TABLE OF CONTENTS
Spirulina, a so-named ‘superfood,’ is a blue algae that belong to the Oscillatonaceae family. Spirulina is said to have a long history of being used as a functional food, especially during the time of the Aztec civilization (J. C. Dillon, et. al. 1995). However, it became famous to the extent where it was lauded as a ‘superfood’ after its successful use as a dietary supplement by NASA for its Astronauts that were on a Space mission (Karkos et. al. 2011).
According to Nicoletti (2012), a functional food is one that, apart from providing nutrients and energy to the body, its effects on the body help to modulate one or more functions and thus help to thwart the development of diseases. In this article, we are going to explore this food source, its benefits, how to add it to your diet and what to look out for when purchasing this functional food. Well, here is your Spirulina Ultimate Guide. Let’s discuss!
Spirulina, a microscopic cyanobacterium, have a long history of being used as a food during the Aztec civilization (J. C. Dillon, et. al. 1995). Spirulina, as a food, is actually the dried biomass of what is called ‘Arthrospira Platensis’ a bacterium that is found in fresh and marine waters (Karkos et. al. 2011). However, while it is usually easy to cultivate, it only flourishes in lakes that are alkaline or have very high PH levels (Karkos et. al. 2011). It can also be cultivated in outdoor settings that are set up specifically for that purpose and that which is controlled. As such, it is usually found in countries that meet these criteria such as Japan, India, certain parts of Greece, namely Nigrita, Spain and the United States (Karkos et. al. 2011).
Spirulina is a highly sought-after food due to its high nutritional and protein contents. Reports suggest that it contains a protein content of up to seventy (70%) per cent of its dried weight. As such, fifty-seven-point five grams (57.5g) is said to provide over One Hundred and Fifteen (115%) per cent of the daily value. Spirulina also has all eight (8) essential amino acids such as lysine and tyrosine (J. Simpore et. al. 2006; S. Bensehaila, et. al. 2015 etc.). Other nutrients that make up this functional food include essential fatty acids, iron, Vitamin A (as beta carotene), vitamin E, vitamin K1, vitamin K2, thiamin (B1), riboflavin (B2), niacin (B3), pyridoxine (B6) and the controversial vitamin B12, calcium, iodine, zinc and magnesium among others.

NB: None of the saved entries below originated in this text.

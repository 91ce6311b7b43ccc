-- ===== src/Latch/Exclusion.antt =====
-- What the latches promise: exclusive keys, and waits that come to an end.
use client_go.Base.{ℕ, ◌≡◌, List, ◌∷◌, Bytes, bytes_compare_trans}
use client_go.Latch.{Request}
use client_go.Latch.Table.{Latches}
use client_go.Latch.Requests.{HasKey, Before, NoRepeat, acquired-Before, not-Before_self}
use client_go.Latch.Holders.{Owns, Holding, Owns-same}
use client_go.Latch.Reached.{Reached, Reached-Holding}

module _ (sum_32 : Bytes → ℕ) (size : ℕ) (start_ts : ℕ → ℕ) (keys : ℕ → List Bytes) where
  -- In every state that calls of the latches reach, in any order, when no list of keys has a key
  -- twice: two locks that have acquired the same key are the same lock.
  pub acquired_exclusive :
      (s : Latches) (i j : ℕ) (key : Bytes)
      → ((i : ℕ) → NoRepeat (keys i))
      → Reached sum_32 size start_ts keys s
      → HasKey (s.locks i).acquired key
      → HasKey (s.locks j).acquired key
      → i ≡ j
  acquired_exclusive s i j key n reached hi hj =
      let h = Reached-Holding sum_32 size start_ts keys s n reached in
      Owns-same sum_32 size s i j key (h.held i key hi) (h.held j key hj)

  -- Lock `i` wants, as its next key, a key whose node has lock `j` as its value.
  abbrev pub Waits : Latches → ℕ → ℕ → Type 0
  Waits s i j =
      (r : Request) × ((rest : List Request) × (((s.locks i).wanted ≡ r ∷ rest)
          × Owns sum_32 size s j r.key))

  pub data WaitsFor (s : Latches) : ℕ → ℕ → Type 0 where
    waits : (i j : ℕ) → Waits s i j → WaitsFor s i j
    through : (i j k : ℕ) → Waits s i j → WaitsFor s j k → WaitsFor s i k

  starts :
      (s : Latches) (i j : ℕ)
      → WaitsFor s i j
      → (r : Request) × ((rest : List Request) × ((s.locks i).wanted ≡ r ∷ rest))
  starts s _ _ (waits i j (r, (rest, (wants, _)))) = (r, (rest, wants))
  starts s _ _ (through i j k (r, (rest, (wants, _))) later) = (r, (rest, wants))

  wait_ascends :
      (s : Latches) (i j : ℕ) (r r' : Request) (rest rest' : List Request)
      → Holding sum_32 size s
      → Waits s i j
      → (s.locks i).wanted ≡ r ∷ rest
      → (s.locks j).wanted ≡ r' ∷ rest'
      → Before r.key r'.key
  wait_ascends s i j r r' rest rest' h (q, (others, (wants, owns))) e e' =
      let same : q ≡ r = cc (wants, e) in
      acquired-Before (s.locks j).acquired r.key r' rest' (rw e' at (h.ordered j).between)
        (h.owned j r.key (rw same at owns))

  waits_ascend :
      (s : Latches) (i j : ℕ) (r r' : Request) (rest rest' : List Request)
      → Holding sum_32 size s
      → WaitsFor s i j
      → (s.locks i).wanted ≡ r ∷ rest
      → (s.locks j).wanted ≡ r' ∷ rest'
      → Before r.key r'.key
  waits_ascend s _ _ r r' rest rest' h (waits i j w) e e' =
      wait_ascends s i j r r' rest rest' h w e e'
  waits_ascend s _ _ r r' rest rest' h (through i j k w later) e e' =
      let (q, (others, wants)) = starts s j k later in
      bytes_compare_trans r.key q.key r'.key (wait_ascends s i j r q rest others h w e wants)
        (waits_ascend s j k q r' others rest' h later wants e')

  -- In every state that calls of the latches reach, in any order, when no list of keys has a key
  -- twice: no lock waits for itself, neither at once nor through other locks, so waits do not
  -- deadlock.
  pub no_deadlock :
      (s : Latches) (i : ℕ)
      → ((i : ℕ) → NoRepeat (keys i))
      → Reached sum_32 size start_ts keys s
      → ¬ WaitsFor s i i
  no_deadlock s i n reached cycle =
      let (r, (rest, wants)) = starts s i i cycle in
      not-Before_self r.key (
        waits_ascend s i i r r rest rest (Reached-Holding sum_32 size start_ts keys s n reached)
          cycle wants wants)
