-- ===== src/Latch/Others.antt =====
-- What an attempt of one lock leaves of the others, and of the waiting lists.
use client_go.Base.{
  ℕ, zero, suc, ◌≡◌, refl, ◌∙◌, sym, ap, inl, inr, false, ◌==◌, Bool-cases, Option-cases, ltb,
  Option, none, some, List, [], ◌∷◌, ◌++◌, Bytes,
}
use client_go.Latch.{
  Node, Latch, AcquireResult, acquire_success, acquire_locked, acquire_stale, find_node, is_free,
  acquire_latch, acquire_found, recycled,
}
use client_go.Latch.Table.{
  Latches, update, acquire_slot, acquire_at, after_acquire, acquire_loop, acquire, length_of,
}
use client_go.Latch.Queue.{recycled-waiting}
use client_go.Latch.Holders.{if_same, nat_dec, wanted_cases}
use client_go.Latch.Runs.{Contains}

append-Contains : (i j : ℕ) (js : List ℕ) → Contains i js → Contains i (js ++ (j ∷ []))
append-Contains i j [] h = elim h [ ]
append-Contains i j (k ∷ js) (inl e) = inl e
append-Contains i j (k ∷ js) (inr h) = inr (append-Contains i j js h)

found_keeps :
    (l : Latch) (lock : ℕ) (key : Bytes) (ts j : ℕ) (o : Option Node)
    → Contains j l.waiting
    → Contains j (acquire_found l lock key ts o).0.waiting
unfolding acquire_found
found_keeps l lock key ts j none h = h
found_keeps l lock key ts j (some n) h = elim (Bool-cases (ltb ts n.max_commit_ts)) [
  | inl stale ↦ rw stale h
  | inr fresh ↦ elim (Bool-cases (is_free n.value)) [
    | inl free ↦ rw (fresh, free) h
    | inr busy ↦ rw (fresh, busy) (append-Contains j lock l.waiting h)
  ]
]

acquire_latch_keeps :
    (l : Latch) (lock : ℕ) (key : Bytes) (ts j : ℕ)
    → Contains j l.waiting
    → Contains j (acquire_latch l lock key ts).0.waiting
unfolding acquire_latch
acquire_latch_keeps l lock key ts j h =
    let l' : Latch = recycled ts l in
    found_keeps l' lock key ts j (find_node l'.queue key) (rw (recycled-waiting ts l) h)

-- The lock is in some waiting list.
abbrev pub IsWaiting : Latches → ℕ → Type 0
IsWaiting s j = (at : ℕ) × Contains j (s.slots at).waiting

acquire_slot_keeps :
    (s s' : Latches) (i j : ℕ) (result : AcquireResult)
    → acquire_slot s i ≡ some (s', result)
    → IsWaiting s j
    → IsWaiting s' j
unfolding acquire_slot acquire_at
acquire_slot_keeps s s' i j result e (at, h) = elim (wanted_cases (s.locks i).wanted) [
  | inl nothing ↦ absurd (cc (rw (nothing, acquire_at) at e))
  | inr (r, (rest, wants)) ↦
      let p = acquire_latch (s.slots r.slot_id) i r.key (s.locks i).start_ts in
      let after : Latches = record {
        slots = update s.slots r.slot_id p.0;
        locks = update s.locks i (after_acquire (s.locks i) r rest p.1);
      } in
      let runs : some (after, p.1) ≡ some (s', result) =
        sym (ap (acquire_at s i (s.locks i)) wants) ∙ e in
      let state : after ≡ s' = cc runs in
      rw (← state) (
        at,
        elim (nat_dec r.slot_id at) [
          | inl here ↦
              rw (if_same r.slot_id at here)
                (acquire_latch_keeps (s.slots r.slot_id) i r.key (s.locks i).start_ts j (rw here h))
          | inr other ↦ rw other h
        ],
      )
]

abbrev next_round : ℕ → Latches → ℕ → AcquireResult → Option (Latches × AcquireResult)
next_round rounds t i acquire_success = acquire_loop rounds t i
next_round rounds t i acquire_locked = some (t, acquire_locked)
next_round rounds t i acquire_stale = some (t, acquire_stale)

loop_keeps :
    (rounds : ℕ) (s t s' : Latches) (i j : ℕ) (u result : AcquireResult)
    → IsWaiting t j
    → next_round rounds t i u ≡ some (s', result)
    → (acquire_loop rounds t i ≡ some (s', result) → IsWaiting t j → IsWaiting s' j)
    → IsWaiting s' j
loop_keeps rounds s t s' i j acquire_success result h e later = later e h
loop_keeps rounds s t s' i j acquire_locked result h e later =
    let state : t ≡ s' = cc e in rw (← state) h
loop_keeps rounds s t s' i j acquire_stale result h e later =
    let state : t ≡ s' = cc e in rw (← state) h

acquire_loop_keeps :
    (rounds : ℕ) (s s' : Latches) (i j : ℕ) (result : AcquireResult)
    → acquire_loop rounds s i ≡ some (s', result)
    → IsWaiting s j
    → IsWaiting s' j
unfolding acquire_loop
acquire_loop_keeps zero s s' i j result e h = let state : s ≡ s' = cc e in rw (← state) h
acquire_loop_keeps (suc rounds) s s' i j result e h = elim (wanted_cases (s.locks i).wanted) [
  | inl nothing ↦ let state : s ≡ s' = cc (rw (nothing, acquire_loop) at e) in rw (← state) h
  | inr (r, (rest, wants)) ↦ elim (Option-cases (acquire_slot s i)) [
    | inl panics ↦ absurd (cc (rw (wants, panics, acquire_loop) at e))
    | inr ((t, u), runs) ↦
        loop_keeps rounds s t s' i j u result (acquire_slot_keeps s t i j u runs h)
          (rw (wants, runs, acquire_loop) at e) (acquire_loop_keeps rounds t s' i j result)
  ]
]

pub acquire_keeps :
    (s s' : Latches) (i j : ℕ) (result : AcquireResult)
    → acquire s i ≡ some (s', result)
    → IsWaiting s j
    → IsWaiting s' j
unfolding acquire
acquire_keeps s s' i j result e h = elim (Bool-cases (s.locks i).is_stale) [
  | inl stale ↦ let state : s ≡ s' = cc (rw stale at e) in rw (← state) h
  | inr fresh ↦ acquire_loop_keeps (length_of (s.locks i).wanted) s s' i j result (rw fresh at e) h
]

acquire_slot_apart :
    (s s' : Latches) (i j : ℕ) (result : AcquireResult)
    → (i == j) ≡ false
    → acquire_slot s i ≡ some (s', result)
    → s'.locks j ≡ s.locks j
unfolding acquire_slot acquire_at
acquire_slot_apart s s' i j result apart e = elim (wanted_cases (s.locks i).wanted) [
  | inl nothing ↦ absurd (cc (rw (nothing, acquire_at) at e))
  | inr (r, (rest, wants)) ↦
      let p = acquire_latch (s.slots r.slot_id) i r.key (s.locks i).start_ts in
      let after : Latches = record {
        slots = update s.slots r.slot_id p.0;
        locks = update s.locks i (after_acquire (s.locks i) r rest p.1);
      } in
      let runs : some (after, p.1) ≡ some (s', result) =
        sym (ap (acquire_at s i (s.locks i)) wants) ∙ e in
      let state : after ≡ s' = cc runs in rw (← state) (rw apart refl)
]

loop_apart :
    (rounds : ℕ) (t s' : Latches) (i j : ℕ) (u result : AcquireResult)
    → next_round rounds t i u ≡ some (s', result)
    → (acquire_loop rounds t i ≡ some (s', result) → s'.locks j ≡ t.locks j)
    → s'.locks j ≡ t.locks j
loop_apart rounds t s' i j acquire_success result e later = later e
loop_apart rounds t s' i j acquire_locked result e later =
    let state : t ≡ s' = cc e in rw (← state) refl
loop_apart rounds t s' i j acquire_stale result e later =
    let state : t ≡ s' = cc e in rw (← state) refl

acquire_loop_apart :
    (rounds : ℕ) (s s' : Latches) (i j : ℕ) (result : AcquireResult)
    → (i == j) ≡ false
    → acquire_loop rounds s i ≡ some (s', result)
    → s'.locks j ≡ s.locks j
unfolding acquire_loop
acquire_loop_apart zero s s' i j result apart e = let state : s ≡ s' = cc e in rw (← state) refl
acquire_loop_apart (suc rounds) s s' i j result apart e = elim (wanted_cases (s.locks i).wanted) [
  | inl nothing ↦ let state : s ≡ s' = cc (rw (nothing, acquire_loop) at e) in rw (← state) refl
  | inr (r, (rest, wants)) ↦ elim (Option-cases (acquire_slot s i)) [
    | inl panics ↦ absurd (cc (rw (wants, panics, acquire_loop) at e))
    | inr ((t, u), runs) ↦
        loop_apart rounds t s' i j u result (rw (wants, runs, acquire_loop) at e)
          (acquire_loop_apart rounds t s' i j result apart)
        ∙ acquire_slot_apart s t i j u apart runs
  ]
]

-- An attempt of one lock leaves the others as they are.
pub acquire_apart :
    (s s' : Latches) (i j : ℕ) (result : AcquireResult)
    → (i == j) ≡ false
    → acquire s i ≡ some (s', result)
    → s'.locks j ≡ s.locks j
unfolding acquire
acquire_apart s s' i j result apart e = elim (Bool-cases (s.locks i).is_stale) [
  | inl stale ↦ let state : s ≡ s' = cc (rw stale at e) in rw (← state) refl
  | inr fresh ↦
      acquire_loop_apart (length_of (s.locks i).wanted) s s' i j result apart (rw fresh at e)
]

It must be noted that the vitamin B12 that is found in Spirulina is said to be not effective in providing the human body with the necessary B12 as it is analogues or what is called a pseudovitamin. An analogue or pseudo vitamin B12 are molecules that resemble that of true vitamin B12 in their chemical disposition, but which are unable to be utilized by the human body (Watanabe et. al. 1999).
Spirulina is also said to have over One Hundred and Eighty (180%) per cent more calcium than whole milk, more beta-carotene than carrots as well as more iron than Popeye’s favourite spinach (Moorhead K, et. al. 2005). In addition, you may want to opt for a small serving of spirulina which purportedly has more antioxidant and anti-inflammatory properties in just three (3) grams than eating five (5) servings of fruits and vegetables (Moorhead K, et. al. 2005). Another of the touted benefits of consuming spirulina is that it is recognized as a useful candidate for the removal of heavy metals from the body (A. A. Al-Homaidan et. al. 2015; A. Celekli, M. et. al. 2010; L. Fang, C. Zhou et. al. 2011).
Due to its wealth of nutrition, it is reportedly used as a food source in some African regions, especially, in times of famine. According to reports, it was served as the only source of nutrition during periods of famine in some African communities and thus eaten for over a month at a time (Capel and Cysewski, 2010). Additionally, spirulina does not have any cellulose walls which makes it easily digestible by the body (J. C. Dillon, et. al. 1995).
In this article, we will be exploring five (5) scientific health benefits of spirulina which include, its ability to boost and protect the immune system, its anti-viral properties, its impact on cardiovascular and diabetes health, as well as its, reported anti-cancer properties. We will also discuss its noted side effects, who should avoid it, how to add it to your diet as well as explore if it is a good source of vitamin B12 as may have been purported.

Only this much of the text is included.